California employers with workers working remotely at least part-time during the pandemic should note that SB 1159 specifies that “place of employment” does not include a worker’s home or residence (unless the worker provides home health care services). Employers, therefore, would not need to report workers who test positive for COVID-19 but had only worked from home prior to the statute’s effective date. However, the statute likely requires reporting the confirmed case of a remote worker who tested positive prior to the statute’s effective date if that worker also worked at onsite anytime between July 6 and the effective date.
Employers who fail to report the above information, or who intentionally submit false or misleading information, are subject to a $10,000 penalty assessed by the California Labor Commissioner.

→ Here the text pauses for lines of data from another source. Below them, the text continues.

-- ===== src/Handler/Session/Tests.antt =====
-- The renewal of a session at concrete rows.
use mkrepo.Base.{String, Option, ◌≡◌, refl, some, ok, arith, ◌≢◌, eq_iff}
use mkrepo.Base.Int.{format_int}
use mkrepo.Provider.{Token}
use mkrepo.Provider.Registry.{new_client}
use mkrepo.Provider.Github.{github_client, github_get_user}
use mkrepo.Database.{Account, joined, get_account_session, set_profile, set_tokens}
use mkrepo.Database.Crypto.{encrypt, decrypt}
use mkrepo.Database.Db.{healthy}
use mkrepo.Handler.{Env}
use mkrepo.Handler.Session.{account_of, authenticate_session}
use mkrepo.Handler.Session.Renewal.{renewed, profile_of, tokens_of, authenticate_session-renewed}
use mkrepo.Handler.Tokens.{encrypt_tokens, decrypt_tokens}
use mkrepo.Handler.Samples.{one_key, hub, hub_found, api, env, later, user, session, logged_in}
use mkrepo.Handler.Samples.{callback_inputs}
use mkrepo.Handler.Callback.Laws.{account_row}

abbrev fresh : Token
fresh = record { access_token = "new"; refresh_token = "rt"; expiry = 90 }

-- The provider replaces every token.
abbrev renewing : Env Unit
renewing = record env { token_source = λ c token. some fresh }

abbrev account : Account
account = account_row callback_inputs "github" user

abbrev stored : String × Option String
stored = ("00new", some "00rt")

opened : decrypt_tokens one_key "key" "00at" (some "00rt") ≡ ok ("at", "rt")
unfolding decrypt_tokens decrypt
opened = refl

sealed :
    encrypt_tokens one_key "key" later.random_access later.random_refresh "new" "rt" ≡ ok stored
unfolding encrypt_tokens encrypt
sealed = refl

connected : new_client renewing.sdk hub fresh ≡ ok (github_client api fresh)
unfolding new_client
connected = refl

named : (github_client api fresh).get_user ≡ ok user
unfolding github_client github_get_user format_int
named = refl

replaced : fresh.access_token ≢ "at"
replaced same = ground (arith, eq_iff "new" "at")

authenticate_session-renewed_example :
    let t' = renewed account session user stored fresh logged_in in
    (authenticate_session renewing later "s" (healthy logged_in)
      ≡ (ok (account_of (joined account session) fresh), healthy t'))
    × (get_account_session "s" t'
        ≡ ok (
          joined
              (set_profile (profile_of account user) account)
              (set_tokens (tokens_of session stored fresh) session),
          t',
        ))
authenticate_session-renewed_example =
    authenticate_session-renewed logged_in "s" account session refl refl renewing later hub "at"
      "rt" fresh stored (github_client api fresh) user (omega arith) hub_found opened refl replaced
      sealed connected named
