-- ===== src/Handler/Shut.antt =====
-- A session that is not in the tables stays away through every handler but the callback that draws its
-- ID, and does not authenticate.
pub mod Handlers
use mathlib.Core.Path.{subst}
use mkrepo.Base.{ℕ, String, ◌≡◌, ◌≢◌, sym, none, err, Option, Option-cases, inl, inr}
use mkrepo.Base.Dict.{lookup}
use mkrepo.Database
use mkrepo.Database.{OAuth2State, Session, Tables, Statement, create_oauth2_state}
use mkrepo.Database.{
  get_and_delete_oauth2_state, get_account_session, upsert_account, update_account, delete_account,
}
use mkrepo.Database.{UpdateAccountParams, create_session, UpdateSessionParams, update_session}
use mkrepo.Database.{delete_session, delete_expired_oauth2_states, delete_expired_sessions}
use mkrepo.Database.{GetAccountSessionRow}
use mkrepo.Database.Db.{Db, run, cleanup}
use mkrepo.Database.Db.Laws.{run-cases, cleanup-keeps_invariant}
use mkrepo.Database.Constraints.{IsConsistent}
use mkrepo.Database.Steps.{
  Leaves, Step, Step-IsConsistent, creates_state, takes_state, drops_states,
}
use mkrepo.Database.Steps.{upserts, updates, deletes, creates_session, updates_session}
use mkrepo.Database.Steps.{deletes_session, reads_session, drops_sessions}
use mkrepo.Database.Sessions.{store}
use mkrepo.Database.Interleaving.{Opens}
use mkrepo.Database.Interleaving.Revoked.{Step-closed, get_account_session_of_closed}
use mkrepo.Provider.{Token, User}
use mkrepo.Provider.Registry.{Provider}
use mkrepo.Handler.{Account, Env, Request, session_cookie_name}
use mkrepo.Handler.Action.{◌>>=◌}
use mkrepo.Handler.Preserves.{Preserves, StatementPreserves, preserves_rules}
use mkrepo.Handler.Session.{Inputs, AuthError, no_session, renew, authenticate_session}
use mkrepo.Handler.Login.{LoginInputs, begin_login, login, logout, delete_account_handler}
use mkrepo.Handler.Callback.{
  encrypted, CallbackInputs, open_session, identify, after_state, oauth2_callback,
}

-- The tables are consistent, and none of the sessions has the ID.
pub record Shut (id : String) (db : Db) : Type 0 where
  pub consistent : IsConsistent db.tables
  pub gone : store db.tables id ≡ none

module _ (id : String) where
  Step-Shut :
      (db db' : Db) (st : Step db.tables db'.tables) → (Opens id st → ⊥) → Shut id db → Shut id db'
  Step-Shut db db' st other shut = record {
    consistent = Step-IsConsistent st shut.consistent;
    gone = Step-closed id st shut.consistent other shut.gone;
  }

  Shut-same_tables : (db db' : Db) → db'.tables ≡ db.tables → Shut id db → Shut id db'
  Shut-same_tables db db' same shut = record {
    consistent = subst IsConsistent (sym same) shut.consistent;
    gone = subst (λ t. store t id ≡ none) (sym same) shut.gone;
  }

  statement-Shut :
      {A : Type 0} (st : Statement A)
      → ((t t' : Tables) → Leaves (st t) t' → (s : Step t t') × (Opens id s → ⊥))
      → StatementPreserves (Shut id) st
  statement-Shut st step = record {
    after = λ db shut. elim (run-cases st db) [
      | inl leaves ↦
          let (s, other) = step db.tables _ leaves in Step-Shut db (run st db).1 s other shut
      | inr same ↦ Shut-same_tables db (run st db).1 same shut
    ];
  }

  create_oauth2_state-Shut :
      (r : OAuth2State) → StatementPreserves (Shut id) (create_oauth2_state r)
  create_oauth2_state-Shut r = statement-Shut _ (λ t t' h. (creates_state r h, λ e. e))

  get_and_delete_oauth2_state-Shut :
      (state : String) → StatementPreserves (Shut id) (get_and_delete_oauth2_state state)
  get_and_delete_oauth2_state-Shut state =
      statement-Shut _ (λ t t' h. (takes_state state h, λ e. e))

  get_account_session-Shut :
      (read : String) → StatementPreserves (Shut id) (get_account_session read)
  get_account_session-Shut read = statement-Shut _ (λ t t' h. (reads_session read h, λ e. e))

  upsert_account-Shut : (a : Database.Account) → StatementPreserves (Shut id) (upsert_account a)
  upsert_account-Shut a = statement-Shut _ (λ t t' h. (upserts a h, λ e. e))

  update_account-Shut :
      (arg : UpdateAccountParams) → StatementPreserves (Shut id) (update_account arg)
  update_account-Shut arg = statement-Shut _ (λ t t' h. (updates arg h, λ e. e))

  delete_account-Shut : (account : String) → StatementPreserves (Shut id) (delete_account account)
  delete_account-Shut account = statement-Shut _ (λ t t' h. (deletes account h, λ e. e))

  create_session-Shut : (s : Session) → s.id ≢ id → StatementPreserves (Shut id) (create_session s)
  create_session-Shut s other = statement-Shut _ (λ t t' h. (creates_session s h, other))

  update_session-Shut :
      (arg : UpdateSessionParams) → StatementPreserves (Shut id) (update_session arg)
  update_session-Shut arg = statement-Shut _ (λ t t' h. (updates_session arg h, λ e. e))

  delete_session-Shut : (closed : String) → StatementPreserves (Shut id) (delete_session closed)
  delete_session-Shut closed = statement-Shut _ (λ t t' h. (deletes_session closed h, λ e. e))

  delete_expired_oauth2_states-Shut :
      (now : ℕ) → StatementPreserves (Shut id) (delete_expired_oauth2_states now)
  delete_expired_oauth2_states-Shut now = statement-Shut _ (λ t t' h. (drops_states now h, λ e. e))

  delete_expired_sessions-Shut :
      (now : ℕ) → StatementPreserves (Shut id) (delete_expired_sessions now)
  delete_expired_sessions-Shut now = statement-Shut _ (λ t t' h. (drops_sessions now h, λ e. e))

  pub cleanup-Shut : (now later : ℕ) (db : Db) → Shut id db → Shut id (cleanup now later db).1
  cleanup-Shut now later db =
      cleanup-keeps_invariant (Shut id) now later db (delete_expired_oauth2_states-Shut now).after
        (delete_expired_sessions-Shut later).after

ruleset shut_rules = (
  preserves_rules, create_oauth2_state-Shut, get_and_delete_oauth2_state-Shut,
  get_account_session-Shut, upsert_account-Shut, update_account-Shut, delete_account-Shut,
  create_session-Shut, update_session-Shut, delete_session-Shut,
)
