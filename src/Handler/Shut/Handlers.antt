-- ===== src/Handler/Shut/Handlers.antt =====
-- The handlers of internal/handler/auth.go, on tables without a session: they bring it back only if the
-- callback draws its ID.
use mkrepo.Base.{ℕ, String, ◌≡◌, ◌≢◌, refl, err, Option, Option-cases, inl, inr}
use mkrepo.Base.Dict.{lookup}
use mkrepo.Database.{OAuth2State, GetAccountSessionRow, get_account_session}
use mkrepo.Database.Db.{Db}
use mkrepo.Database.Db.Laws.{run-err}
use mkrepo.Database.Interleaving.Revoked.{get_account_session_of_closed}
use mkrepo.Provider.{Token, User}
use mkrepo.Provider.Registry.{Provider}
use mkrepo.Handler.{Account, Env, Request, session_cookie_name}
use mkrepo.Handler.Action.{◌>>=◌}
use mkrepo.Handler.Preserves.{Preserves}
use mkrepo.Handler.Session.{Inputs, no_session, renew, authenticate_session}
use mkrepo.Handler.Login.{LoginInputs, begin_login, login, logout, delete_account_handler}
use mkrepo.Handler.Callback.{
  encrypted, CallbackInputs, open_session, identify, after_state, oauth2_callback,
}
use mkrepo.Handler.Shut.{Shut, shut_rules, delete_session-Shut}

module _ {Block : Type 0} (env : Env Block) (id : String) where
  begin_login-Shut :
      (inputs : LoginInputs) (pr : Provider) → Preserves (Shut id) (begin_login env inputs pr)
  unfolding begin_login
  begin_login-Shut inputs pr = search shut_rules depth 9

  pub login-Shut : (inputs : LoginInputs) (r : Request) → Preserves (Shut id) (login env inputs r)
  unfolding login
  login-Shut inputs r = search (shut_rules, begin_login-Shut) depth 9

  renew-Shut :
      (inputs : Inputs) (row : GetAccountSessionRow) (pr : Provider) (token : Token)
      → Preserves (Shut id) (renew env inputs row pr token)
  unfolding renew
  renew-Shut inputs row pr token = search shut_rules depth 12

  pub authenticate_session-Shut :
      (inputs : Inputs) (read : String) → Preserves (Shut id) (authenticate_session env inputs read)
  unfolding authenticate_session
  authenticate_session-Shut inputs read = search (shut_rules, renew-Shut) depth 16

  encrypted-Shut :
      (inputs : CallbackInputs) (random : ℕ → Option String) (text : String)
      → Preserves (Shut id) (encrypted env inputs random text)
  unfolding encrypted
  encrypted-Shut inputs random text = search shut_rules

  open_session-Shut :
      (inputs : CallbackInputs) (key : String) (token : Token) (user : User)
      → inputs.session_id ≢ id
      → Preserves (Shut id) (open_session env inputs key token user)
  unfolding open_session
  open_session-Shut inputs key token user other = search (shut_rules, encrypted-Shut) depth 12

  identify-Shut :
      (inputs : CallbackInputs) (r : Request) (pr : Provider) (verifier : Option String)
      → Preserves (Shut id) (identify env inputs r pr verifier)
  unfolding identify
  identify-Shut inputs r pr verifier = search shut_rules depth 9

  after_state-Shut :
      (inputs : CallbackInputs) (r : Request) (pr : Provider) (row : OAuth2State)
      → inputs.session_id ≢ id
      → Preserves (Shut id) (after_state env inputs r pr row)
  unfolding after_state
  after_state-Shut inputs r pr row other =
      search (shut_rules, identify-Shut, open_session-Shut) depth 12

  pub oauth2_callback-Shut :
      (inputs : CallbackInputs) (r : Request)
      → inputs.session_id ≢ id
      → Preserves (Shut id) (oauth2_callback env inputs r)
  unfolding oauth2_callback
  oauth2_callback-Shut inputs r other = search (shut_rules, after_state-Shut) depth 12

  pub delete_account_handler-Shut : (a : Account) → Preserves (Shut id) (delete_account_handler a)
  unfolding delete_account_handler
  delete_account_handler-Shut a = search shut_rules

pub logout-Shut : (id : String) (r : Request) (db : Db) → Shut id db → Shut id (logout r db).1
unfolding logout
logout-Shut id r db shut = elim (Option-cases (lookup session_cookie_name r.cookies)) [
  | inl missing ↦ rw (missing, logout) shut
  | inr (closed, there) ↦ rw (there, logout) ((delete_session-Shut id closed).after db shut)
]

-- Whatever the faults, it does not authenticate.
pub authenticate_session_closed :
    {Block : Type 0} (env : Env Block) (inputs : Inputs) (id : String) (db : Db)
    → Shut id db
    → (authenticate_session env inputs id db).0 ≡ err no_session
unfolding authenticate_session ◌>>=◌
authenticate_session_closed env inputs id db shut =
    let (e, failed) =
      run-err (get_account_session id) db (get_account_session_of_closed id db.tables shut.gone) in
    rw failed refl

COVID-19 Recording and Reporting Requirements
Effective January 1, 2021, employers must provide multiple notices within one business day after receiving notice of a potential COVID-19 exposure:
- Written notice to all workers and employers of subcontracted workers who were at the worksite within the infectious period;
- Written notice to worker representatives, including unions and, if applicable, attorneys who represent the affected workers;
- Written notice regarding COVID-19-related benefits, including workers’ compensation benefits, COVID-19 leave, paid sick leave, and the company’s anti-discrimination, anti-harassment, and anti-retaliation policies; and
- Written notice to workers regarding the company’s disinfection protocols and safety plan to eliminate any further exposures, per CDC guidelines.
Employers also must notify their local public health department within 48 hours if an outbreak occurs at the worksite. An outbreak occurs when there have been three lab-confirmed cases within two weeks.
The California Division of Occupational Safety and Health (Cal/OSHA) can immediately shut down a business without prior notice if it concludes there is an imminent risk of serious physical harm due to COVID-19, and to issue significant monetary citations for serious violations relating to COVID-19.
Employers also must draft and implement a separate COVID-19 Pandemic Plan that (1) addresses all COVID-19 exposures, (2) identifies the manner in which the employer intends to correct such exposures, and (3) indicates how the employer will enforce its procedures, train its workers, conduct inspections and review its plan for effectiveness.